What did you like about the book?:
I liked the fact that the setting was fairly familiar. As mentioned, I live in Calgary and the book is set mostly in that part of Alberta. I liked the fact that the main character was a musician, so it was easy for me to relate to her that way. I liked the fact that characters didn’t seem to be black-and-white in many of their views, and that  bisexuality was portrayed in a respectable way. I have serious issues with sexuality being seen mainly as gay or straight and the concept of bisexuality as really being one or the other but unwilling to admit it.

I liked the fact that there wasn’t a ton of canoodling. If there was sex, it was happening somewhere off-screen. It’s not that I don’t like sex in my books, it’s just that we’ve already seen my issues with Romance vs Urban Fantasy.

I liked that the author had a sense of humour. There were quite a few good pop-culture related jokes that I found myself giggling along with. It reminded me of a gentler, slightly-less-snarky Dresden Files in that respect.

The thing I loved? That it was an Urban Fantasy written by a Canadian and actually set in Canada. Perhaps I haven’t yet hit the motherlode of Canadian UF, but I find that my home country is often overlooked in favour of the States. Yes, Chicago, New York and Los Angeles are cool settings, but Forever Knight was shot in Toronto. X-Files filmed in the Vancouver area. There are eldritch places in Canada that need more love and beg to be inhabited by pixies and kobolds. Trust me, I’ve been there!
(There’s a set of waterfalls just outside of Yellowknife that spring to mind, as well as rocky pools on the shores of the Ottawa River. Visit those and tell me you don’t feel goosebumps.)

Last thoughts:
There’s a part of me that is curious as to the content of the first two books in the series.
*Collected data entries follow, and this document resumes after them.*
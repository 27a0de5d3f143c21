-- ===== src/SlaveDiscovery.antt =====
-- slave/src/discovery.rs: the answers of a slave to SDCP requests. The hardware traits of
-- common/src/hardware_abstraction.rs and pnet's Ethernet packets are parameters; `sent` lists the
-- frames that were sent, the newest first (a failure to send is only logged).
pub mod Frames
pub mod Answers
pub mod Handshake
use tsn_fieldbus.Base.{
  ℕ, ◌%◌, ◌^◌, List, [], ◌∷◌, ◌++◌, length, Option, none, some, Bool, true, false, ◌==◌, not,
  if◌then◌else◌, Result, ok, err,
}
use tsn_fieldbus.Proto.{
  StatusCode, no_error, err_hardware_access, IpSource, unspecified, ip_source_number,
  ip_source_try_from, DeviceInfo, DeviceState, discovery_sync, pre_op, device_state_number,
}
use tsn_fieldbus.StateMachine.{DeviceStateManager, get_state, set_target_state}
use tsn_fieldbus.Mac.{MacAddr}
use tsn_fieldbus.Security.Footer.{SecurityFooter}
use tsn_fieldbus.Security.Crypto.{Blake3}
use tsn_fieldbus.Security.DiscoveryAuth.{
  DiscoveryAuthHandler, has_device, add_new_device, create_auth_tag, validate_auth_tag,
}
use tsn_fieldbus.Sdcp.Header.{
  SdcpHeader, SdcpOpCode, discover_req, discover_res, set_ip_req, set_ip_res, get_ip_req,
  get_ip_res, ethertype_sdcp,
}
use tsn_fieldbus.Sdcp.Header
use tsn_fieldbus.Sdcp.Tlv.{Tlv, device_info, status_report, ip_report}
use tsn_fieldbus.Sdcp.Tlv
use tsn_fieldbus.Sdcp.Tlv.Parse.{IpConfig, parse_ip_config}
use tsn_fieldbus.Sdcp.Payload.{ParsedSdcpPayload, parse_sdcp_payload, append_sdcp_footer}

-- A device behind `DeviceInfoAccess` and `NetworkInterfaceAccess`, which the manufacturer implements.
pub record Hardware : Type 1 where
  pub Device : Type 0
  pub read_device_info : Device → Result StatusCode DeviceInfo
  pub write_device_info : Device → DeviceInfo → Device × Result StatusCode (Unit {0})
  pub apply_ip_config : Device → List ℕ → List ℕ → List ℕ → Device × Result StatusCode (Unit {0})

-- What pnet reads from an Ethernet frame and writes into one.
pub record EthernetFrame : Type 0 where
  pub destination : MacAddr
  pub source : MacAddr
  pub ethertype : ℕ
  pub payload : List ℕ

unfoldable pub default_device_info : DeviceInfo
default_device_info = record {
  mac_address = 0 ∷ 0 ∷ 0 ∷ 0 ∷ 0 ∷ 0 ∷ [];
  ip_address = 0 ∷ 0 ∷ 0 ∷ 0 ∷ [];
  ip_source = ip_source_number unspecified;
  netmask = 255 ∷ 255 ∷ 255 ∷ 0 ∷ [];
  gateway = 0 ∷ 0 ∷ 0 ∷ 0 ∷ [];
  vendor_id = 0;
  device_id = 0;
  serial_number = 0;
  firmware_version = 0;
  capabilities = 0;
}

-- `unwrap_or` of a result.
abbrev pub unwrap_or {ℓ} : {A : Type ℓ} → Result StatusCode A → A → A
unwrap_or (ok a) d = a
unwrap_or (err e) d = d

-- `as_slice().try_into().unwrap_or(d)` into `[u8; 4]`.
abbrev pub four_or : List ℕ → List ℕ → List ℕ
four_or xs d = if length xs == 4 then xs else d

-- `IpSource::try_from(n).unwrap_or(IpSource::Unspecified)`
abbrev pub source_or_unspecified : Option IpSource → IpSource
source_or_unspecified (some s) = s
source_or_unspecified none = unspecified

module _ (b : Blake3) (hw : Hardware) where
  open hw use {Device, read_device_info, write_device_info, apply_ip_config}

  -- `mac` is the interface's address, without which the source stops with a panic.
  pub record Slave : Type 0 where
    pub mac : MacAddr
    pub manager : DeviceStateManager
    pub device : Device
    pub auth : DiscoveryAuthHandler
    pub sent : List EthernetFrame

  -- The footer and the frame of `send_response`, once the tag is there.
  send_tagged :
      Slave → MacAddr → List ℕ → List ℕ → DiscoveryAuthHandler × Option (ℕ × List ℕ) → Slave
  send_tagged s target header tlv_payload (auth, none) = record s { auth = auth }
  send_tagged s target header tlv_payload (auth, some (n, tag)) = record s {
    auth = auth;
    sent =
        record {
          destination = target;
          source = s.mac;
          ethertype = ethertype_sdcp;
          payload =
              append_sdcp_footer (header ++ tlv_payload)
                (record { sequence_number = n; auth_tag = tag });
        }
        ∷ s.sent;
  }

  -- The `expect` on the tag cannot fail: the context was added if it was missing.
  unfoldable pub send_response : Slave → MacAddr → SdcpOpCode → ℕ → Tlv → Slave
  unfolding send_tagged
  send_response s target op_code transaction_id tlv =
      let header = Header.new op_code transaction_id in
      let tlv_payload = Tlv.write_to tlv [] in
      let auth = if not (has_device s.auth s.mac) then add_new_device s.auth s.mac else s.auth in
      send_tagged s target (Header.write_to header []) tlv_payload
        (create_auth_tag b auth s.mac header tlv_payload)

  unfoldable pub send_status_response : Slave → MacAddr → SdcpOpCode → ℕ → StatusCode → Slave
  unfolding send_response
  send_status_response s target op_code transaction_id code =
      send_response s target op_code transaction_id (status_report code)

  unfoldable pub handle_discovery_request : Slave → SdcpHeader → MacAddr → Slave
  unfolding send_response
  handle_discovery_request s header source =
      let info = unwrap_or (read_device_info s.device) default_device_info in
      send_response s source discover_res header.transaction_id
        (device_info (info.vendor_id % 2 ^ 16) (info.device_id % 2 ^ 16) info.serial_number)

  -- The answer to what the hardware reads.
  answer_get_ip : Slave → SdcpHeader → MacAddr → Result StatusCode DeviceInfo → Slave
  unfolding send_response send_status_response
  answer_get_ip s header source (err code) =
      send_status_response s source get_ip_res header.transaction_id code
  answer_get_ip s header source (ok info) =
      send_response s source get_ip_res header.transaction_id (
        ip_report (four_or info.ip_address (0 ∷ 0 ∷ 0 ∷ 0 ∷ []))
          (four_or info.netmask (255 ∷ 255 ∷ 255 ∷ 0 ∷ []))
          (four_or info.gateway (0 ∷ 0 ∷ 0 ∷ 0 ∷ []))
          (source_or_unspecified (ip_source_try_from info.ip_source)))

  unfoldable pub handle_get_ip_request : Slave → SdcpHeader → MacAddr → Slave
  unfolding answer_get_ip
  handle_get_ip_request s header source = answer_get_ip s header source (read_device_info s.device)

  -- After the device information is written back: the answer, and the step to `PreOp`.
  after_write : Slave → SdcpHeader → MacAddr → Device × Result StatusCode (Unit {0}) → Slave
  unfolding send_status_response
  after_write s header source (device, err code) =
      send_status_response (record s { device = device }) source set_ip_res header.transaction_id
        code
  after_write s header source (device, ok done) =
      let answered =
        send_status_response (record s { device = device }) source set_ip_res header.transaction_id
          no_error in
      record answered { manager = (set_target_state answered.manager pre_op).0 }

  -- After the device information is read.
  after_read : Slave → SdcpHeader → MacAddr → IpConfig → Result StatusCode DeviceInfo → Slave
  unfolding send_status_response after_write
  after_read s header source config (err code) =
      send_status_response s source set_ip_res header.transaction_id code
  after_read s header source config (ok info) = after_write s header source (
      write_device_info s.device (record info {
        ip_address = config.ip;
        netmask = config.netmask;
        gateway = config.gateway;
      }))

  -- After the configuration is applied to the network interface.
  after_apply :
      Slave → SdcpHeader → MacAddr → IpConfig → Device × Result StatusCode (Unit {0}) → Slave
  unfolding send_status_response after_read
  after_apply s header source config (device, err code) =
      send_status_response (record s { device = device }) source set_ip_res header.transaction_id
        err_hardware_access
  after_apply s header source config (device, ok done) =
      after_read (record s { device = device }) header source config (read_device_info device)

  -- The configuration in the payload, if it is not empty and both parsers succeed.
  parsed_config : List ℕ → Option IpConfig
  parsed_config [] = none
  parsed_config (x ∷ xs) = elim (Tlv.read_from (x ∷ xs)) [
    | err _ ↦ none
    | ok tlv ↦ parse_ip_config tlv
  ]

  apply_parsed : Slave → SdcpHeader → MacAddr → Option IpConfig → Slave
  unfolding after_apply
  apply_parsed s header source none = s
  apply_parsed s header source (some config) =
      after_apply s header source config
        (apply_ip_config s.device config.ip config.netmask config.gateway)

  unfoldable pub handle_set_ip_request : Slave → SdcpHeader → List ℕ → MacAddr → Slave
  unfolding apply_parsed parsed_config
  handle_set_ip_request s header tlv_payload source =
      apply_parsed s header source (parsed_config tlv_payload)

  -- The `match` on the operation code.
  pub dispatch : SdcpOpCode → Slave → SdcpHeader → List ℕ → MacAddr → Slave
  unfolding handle_discovery_request handle_set_ip_request handle_get_ip_request
  dispatch discover_req s header tlv_payload source = handle_discovery_request s header source
  dispatch set_ip_req s header tlv_payload source =
      handle_set_ip_request s header tlv_payload source
  dispatch get_ip_req s header tlv_payload source = handle_get_ip_request s header source
  dispatch _ s header tlv_payload source = s

  unfoldable pub handle_packet : Slave → SdcpHeader → List ℕ → ℕ → List ℕ → MacAddr → Slave
  unfolding dispatch
  handle_packet s header tlv_payload sequence_number auth_tag source =
      let v = validate_auth_tag b s.auth source header tlv_payload sequence_number auth_tag in
      let s' = record s { auth = v.0 } in
      if not v.1 then s' else dispatch header.op_code s' header tlv_payload source

  -- One turn of the listener's loop on a frame; `none` ends the thread. `packet` is
  -- `EthernetPacket::new`.
  unfoldable pub listen : (List ℕ → Option EthernetFrame) → Slave → List ℕ → Option Slave
  unfolding handle_packet
  listen packet s bytes =
      if not (device_state_number (get_state s.manager) == device_state_number discovery_sync)
      then none
      else elim (packet bytes) [
        | none ↦ some s
        | some frame ↦
            if not (frame.ethertype == ethertype_sdcp)
            then some s
            else elim (parse_sdcp_payload frame.payload) [
              | err _ ↦ some s
              | ok p ↦
                  some (
                    handle_packet s p.header p.tlv_payload p.sequence_number p.auth_tag
                      frame.source)
            ]
      ]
Maybe it would have helped me wrap my brain around what was happening in this novel. Maybe not.

I was glad to see Urban Fantasy have a spot on the list. UF is a popular subgenre, and it’s really nice to see magic happening in an everyday setting. I just wish that the magic rules the author used had relied less on bloodlines and more on other things.
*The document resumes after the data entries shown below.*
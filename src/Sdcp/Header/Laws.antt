-- ===== src/Sdcp/Header/Laws.antt =====
-- The header and its operation codes survive the wire.
use tsn_fieldbus.Base.{
  ℕ, ◌<◌, ◌≤◌, ◌^◌, ◌≡◌, ◌⊎◌, refl, List, [], ◌∷◌, ◌++◌, length, ok, err, arith,
}
use tsn_fieldbus.Base.Bytes.{read_u16-to_be, to_be, unexpected_eof, read_u8, read_u16, read_exact}
use mathlib.Core.List.{append_assoc}
use tsn_fieldbus.Sdcp.Header.{
  SdcpOpCode, discover_req, unknown_operation, op_code_number, op_code_from, SdcpHeader, write_to,
  read_from,
}

-- Every operation code is read back from its number.
pub op_code_from-number : (c : SdcpOpCode) → op_code_from (op_code_number c) ≡ c
unfolding op_code_from
op_code_from-number discover_req = refl
op_code_from-number _ = refl

-- A byte that is read as a known operation is the number of that operation.
pub op_code_number-from :
    (n : ℕ) → (op_code_number (op_code_from n) ≡ n) ⊎ (op_code_from n ≡ unknown_operation)
unfolding op_code_from
op_code_number-from n = ground arith

-- The fields fit their widths, as their Rust types say.
pub record IsHeader (h : SdcpHeader) : Type 0 where
  pub version_u8 : h.version < 256
  pub transaction_u16 : h.transaction_id < 256 ^ 2
  pub flags_u8 : h.flags < 256

-- A header whose fields fit is read back from its bytes, whatever follows them.
pub read_from-write_to :
    (h : SdcpHeader) (rest : List ℕ) → IsHeader h → read_from (write_to h [] ++ rest) ≡ ok h
unfolding read_from write_to read_u8
read_from-write_to h rest v = rw (append_assoc (to_be 2 h.transaction_id) (h.flags ∷ []) rest) (
    rw (read_u16-to_be h.transaction_id (h.flags ∷ rest) v.transaction_u16)
      (rw op_code_from-number))

-- A read needs five bytes and takes any five.
pub read_from_short : (buf : List ℕ) → length buf < 5 → read_from buf ≡ err unexpected_eof
unfolding read_from read_u8 read_u16 read_exact
read_from_short [] h = refl
read_from_short (a ∷ []) h = refl
read_from_short (a ∷ b ∷ []) h = refl
read_from_short (a ∷ b ∷ c ∷ []) h = refl
read_from_short (a ∷ b ∷ c ∷ d ∷ []) h = refl
read_from_short (a ∷ b ∷ c ∷ d ∷ e ∷ bs) h = absurd (omega arith)

pub read_from_enough : (buf : List ℕ) → 5 ≤ length buf → (h : SdcpHeader) × (read_from buf ≡ ok h)
unfolding read_from read_u8 read_u16 read_exact
read_from_enough (a ∷ b ∷ c ∷ d ∷ e ∷ bs) h = (_, refl)
read_from_enough _ h = absurd (omega arith)
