-- ===== src/Sdcp/Payload/Laws.antt =====
-- A payload that was put together from its parts is parsed into them, and a parse fails exactly on
-- payloads that are too short.
use tsn_fieldbus.Base.{
  ℕ, ◌-◌, ◌<◌, ◌≤◌, ◌≡◌, refl, List, [], ◌∷◌, ◌++◌, length, length-append, length-take, drop, take,
  drop-append, ok, err, arith,
}
use tsn_fieldbus.Base.Bytes.{from_be, to_be, length-to_be}
use tsn_fieldbus.Proto.{err_invalid_len}
use tsn_fieldbus.Security.Footer.{SecurityFooter}
use tsn_fieldbus.Security.Footer.Laws.{
  IsFooter, split-write_to, split_short, split_enough, length-tag,
}
use tsn_fieldbus.Sdcp.Header.{SdcpHeader}
use tsn_fieldbus.Sdcp.Header
use tsn_fieldbus.Sdcp.Header.Laws.{IsHeader, read_from-write_to, read_from_enough}
use tsn_fieldbus.Sdcp.Payload.{ParsedSdcpPayload, parse_sdcp_payload, append_sdcp_footer}

length-header : (h : SdcpHeader) → length (Header.write_to h []) ≡ 5
unfolding Header.write_to
length-header h = omega (
  arith,
  length-append (to_be 2 h.transaction_id) (h.flags ∷ []),
  length-to_be 2 h.transaction_id,
)

-- A header, TLV bytes and a footer that fit the wire are parsed back from the payload they make.
pub parse-append_sdcp_footer :
    (h : SdcpHeader) (tlv : List ℕ) (f : SecurityFooter)
    → IsHeader h
    → IsFooter f
    → parse_sdcp_payload (append_sdcp_footer (Header.write_to h [] ++ tlv) f)
      ≡ ok (record {
        header = h;
        tlv_payload = tlv;
        sequence_number = f.sequence_number;
        auth_tag = f.auth_tag;
      })
unfolding parse_sdcp_payload append_sdcp_footer
parse-append_sdcp_footer h tlv f vh vf = ground (
  arith,
  split-write_to f (Header.write_to h [] ++ tlv) vf,
  length-append (Header.write_to h []) tlv,
  length-header h,
  read_from-write_to h tlv vh,
  drop-append 5 (Header.write_to h []) tlv (length-header h),
)

-- A payload shorter than header and footer is refused.
pub parse_sdcp_payload_short :
    (payload : List ℕ) → length payload < 21 → parse_sdcp_payload payload ≡ err err_invalid_len
unfolding parse_sdcp_payload
parse_sdcp_payload_short payload h =
    ground
      (arith, split_short payload, split_enough payload, length-take (length payload - 16) payload)

-- Any other payload is parsed: its TLV bytes are those between the header and the footer.
pub parse_sdcp_payload_enough :
    (payload : List ℕ)
    → 21 ≤ length payload
    → (p : ParsedSdcpPayload) × (parse_sdcp_payload payload ≡ ok p)
      × (p.tlv_payload ≡ drop 5 (take (length payload - 16) payload))
unfolding parse_sdcp_payload
parse_sdcp_payload_enough payload h =
    let rest : List ℕ = take (length payload - 16) payload in
    let (header, e) =
      read_from_enough rest (omega (arith, length-take (length payload - 16) payload)) in
    (
      record {
        header = header;
        tlv_payload = drop 5 rest;
        sequence_number = from_be (take 8 (drop (length payload - 16) payload));
        auth_tag = take 8 (drop 8 (drop (length payload - 16) payload));
      },
      ground (arith, e, split_enough payload, length-take (length payload - 16) payload),
      refl,
    )

-- The tag of a payload that is parsed has 8 bytes.
pub parse_sdcp_payload-tag :
    (payload : List ℕ) (p : ParsedSdcpPayload)
    → parse_sdcp_payload payload ≡ ok p
    → length p.auth_tag ≡ 8
unfolding parse_sdcp_payload
parse_sdcp_payload-tag payload p h =
    ground (arith, split_short payload, split_enough payload, length-tag payload)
So do I think that this book deserves an Aurora? Unfortunately, no. Not at this time. We’ll see what Julie E. Czerneda, Peter Watt and William Gibson have for me.


I received this book free as a part of the Aurora Awards Voter’s Package. The Aurora Awards are Canada’s national awards for best science fiction and fantasy, as voted on by the Canadian Science Fiction and Fantasy Association. Nominees, winners, and CSFFA members must all be Canadian.